# Dynamics wedge problem

1. Apr 7, 2016

### vaibhav garg

In the adjoining figure if acceleration of M with respect to ground is a, then
A) Acceleration of m with respect to M is a
B) Acceleration of m with respect to ground is asin(α/2)
C) Acceleration of m with respect to ground is a
D) Acceleration of m with respect to ground is atan(α)

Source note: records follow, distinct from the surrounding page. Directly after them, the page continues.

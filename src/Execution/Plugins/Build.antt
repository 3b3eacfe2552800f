-- ===== src/Execution/Plugins/Build.antt =====
-- The plugins that are switched on, RiskOff first: `build_plugins` of
-- aimos/execution/plugins/__init__.py. The configured values are those that the files in
-- config/plugins give, each with its `enabled`.
use aimos.Prelude.{Bool, true, Option, some, List, [], ◌∷◌, if◌then◌else◌}
use aimos.Prelude.Floats.{Floats, nat}
use aimos.Schemas.{
  Regime, trending_up, trending_down, ranging, breakout, crash, recovery, TradePlan,
  MarketUnderstanding, ExecContext,
}
use aimos.Execution.Decide.{Plugin}
use aimos.Execution.Plugins.{can_trade, risk_off}
use aimos.Execution.Plugins.Trend.{TrendCfg, PullbackCfg, trend_following, pullback}
use aimos.Execution.Plugins.Range.{BreakoutCfg, MeanReversionCfg, breakout_trade, mean_reversion}
use aimos.Execution.Plugins.Contrarian.{DcaCfg, FundingCfg, smart_dca, funding_rate}
use aimos.Execution.Plugins.Arb.{ArbCfg, ScalpCfg, cross_exchange_arb, momentum_scalp}

pub record Switched (C : Type 0) : Type 0 where
  pub enabled : Bool
  pub cfg : C

pub record PluginCfgs (F : Type 0) : Type 0 where
  pub risk_off_enabled : Bool
  pub trend_following_cfg : Switched (TrendCfg F)
  pub pullback_cfg : Switched (PullbackCfg F)
  pub breakout_cfg : Switched (BreakoutCfg F)
  pub mean_reversion_cfg : Switched (MeanReversionCfg F)
  pub smart_dca_cfg : Switched (DcaCfg F)
  pub funding_rate_cfg : Switched (FundingCfg F)
  pub cross_exchange_arb_cfg : Switched (ArbCfg F)
  pub scalp_cfg : Switched (ScalpCfg F)

abbrev pub added : {A : Type 0} → Bool → A → List A → List A
added on x xs = if on then x ∷ xs else xs

module _ {F : Type 0} ⦃fl : Floats F⦄ where
  abbrev pub plugin_of :
      List Regime
      → F
      → F
      → (MarketUnderstanding F → ExecContext F → Option (Option (TradePlan F)))
      → Plugin F
  plugin_of regimes min_confidence min_coin_health propose = record {
    can_trade = can_trade regimes min_confidence min_coin_health;
    propose = propose;
  }

  abbrev pub risk_off_plugin : Plugin F
  risk_off_plugin = record { can_trade = λ _. true; propose = λ mu _. some (some (risk_off mu)) }

  abbrev pub trend_following_plugin : TrendCfg F → Plugin F
  trend_following_plugin cfg =
      plugin_of (trending_up ∷ trending_down ∷ []) cfg.min_confidence cfg.min_coin_health
        (λ mu ctx. some (trend_following cfg mu ctx))

  abbrev pub pullback_plugin : PullbackCfg F → Plugin F
  pullback_plugin cfg =
      plugin_of (trending_up ∷ trending_down ∷ []) cfg.min_confidence cfg.min_coin_health
        (λ mu ctx. some (pullback cfg mu ctx))

  abbrev pub breakout_plugin : BreakoutCfg F → Plugin F
  breakout_plugin cfg =
      plugin_of (breakout ∷ []) cfg.min_confidence cfg.min_coin_health
        (λ mu ctx. some (breakout_trade cfg mu ctx))

  abbrev pub mean_reversion_plugin : MeanReversionCfg F → Plugin F
  mean_reversion_plugin cfg =
      plugin_of (ranging ∷ []) cfg.min_confidence cfg.min_coin_health
        (λ mu ctx. some (mean_reversion cfg mu ctx))

  abbrev pub smart_dca_plugin : DcaCfg F → Plugin F
  smart_dca_plugin cfg =
      plugin_of (crash ∷ recovery ∷ []) cfg.min_confidence cfg.min_coin_health (smart_dca cfg)

  abbrev pub funding_rate_plugin : FundingCfg F → Plugin F
  funding_rate_plugin cfg =
      plugin_of [] cfg.min_confidence cfg.min_coin_health (λ mu ctx. some (funding_rate cfg mu ctx))

  abbrev pub cross_exchange_arb_plugin : ArbCfg F → Plugin F
  cross_exchange_arb_plugin cfg =
      plugin_of [] cfg.min_confidence cfg.min_coin_health
        (λ mu ctx. some (cross_exchange_arb cfg mu ctx))

  abbrev pub momentum_scalp_plugin : ScalpCfg F → Plugin F
  momentum_scalp_plugin cfg =
      plugin_of [] cfg.min_confidence (nat 0) (λ mu ctx. some (momentum_scalp cfg mu ctx))

  unfoldable pub build_plugins : PluginCfgs F → List (Plugin F)
  build_plugins c = added c.risk_off_enabled risk_off_plugin (
      added c.trend_following_cfg.enabled (trend_following_plugin c.trend_following_cfg.cfg) (
        added c.pullback_cfg.enabled (pullback_plugin c.pullback_cfg.cfg) (
          added c.breakout_cfg.enabled (breakout_plugin c.breakout_cfg.cfg) (
            added c.mean_reversion_cfg.enabled (mean_reversion_plugin c.mean_reversion_cfg.cfg) (
              added c.smart_dca_cfg.enabled (smart_dca_plugin c.smart_dca_cfg.cfg) (
                added c.funding_rate_cfg.enabled (funding_rate_plugin c.funding_rate_cfg.cfg) (
                  added c.cross_exchange_arb_cfg.enabled
                    (cross_exchange_arb_plugin c.cross_exchange_arb_cfg.cfg)
                    (added c.scalp_cfg.enabled (momentum_scalp_plugin c.scalp_cfg.cfg) []))))))))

The 2nd question in the image below

The acceleration of m in the vertical direction should be atan(α) by using length constant relation and in the horizontal direction it should be same as the wedge that is a. therefore the resultant should be asec(α), what am i doing wrong here ?

Last edited: Apr 7, 2016
2. Apr 7, 2016

### ehild

Are you sure? The wedge moves horizontally and the block slides down along it, so it moves both horizontally and vertically with respect to the ground.

3. Apr 7, 2016

### vaibhav garg

ok I get what you are saying, so if we take A to be the acceleration of the block wrt to M. therefore it's acceleration with respect to the ground will be
(a - Acosα) horizontally and Asinα vertically. But now how do I find a relation between A and a

4. Apr 7, 2016

### ehild

If the wedge moves by x to the left, the length of the rope between the wall and pulley becomes shorter by x.So the other piece along the wedge becomes longer by the same length x. What does it mean for the accelerations a and A?

5. Apr 7, 2016

### vaibhav garg

that they are both equal. so when we add the the two components it would give the answer to be B. Thanks ehlid :)

6. Apr 7, 2016

### ehild

I got a bit different result, but it might have been my error, or a typo in the problem text. Show your work, please.

7. Apr 7, 2016

### vaibhav garg

the horizontal component would be (a-acosα) which is equal to 2asin2α/2 the vertical component 2asin(α/2)cos(α/2) the resultant would be 2asin(α/2)... I am sorry :P but this dosen't matches any of the options

8. Apr 7, 2016

### ehild

I got the same result, and I do not see any flaw. Sometimes there are typos in the written texts.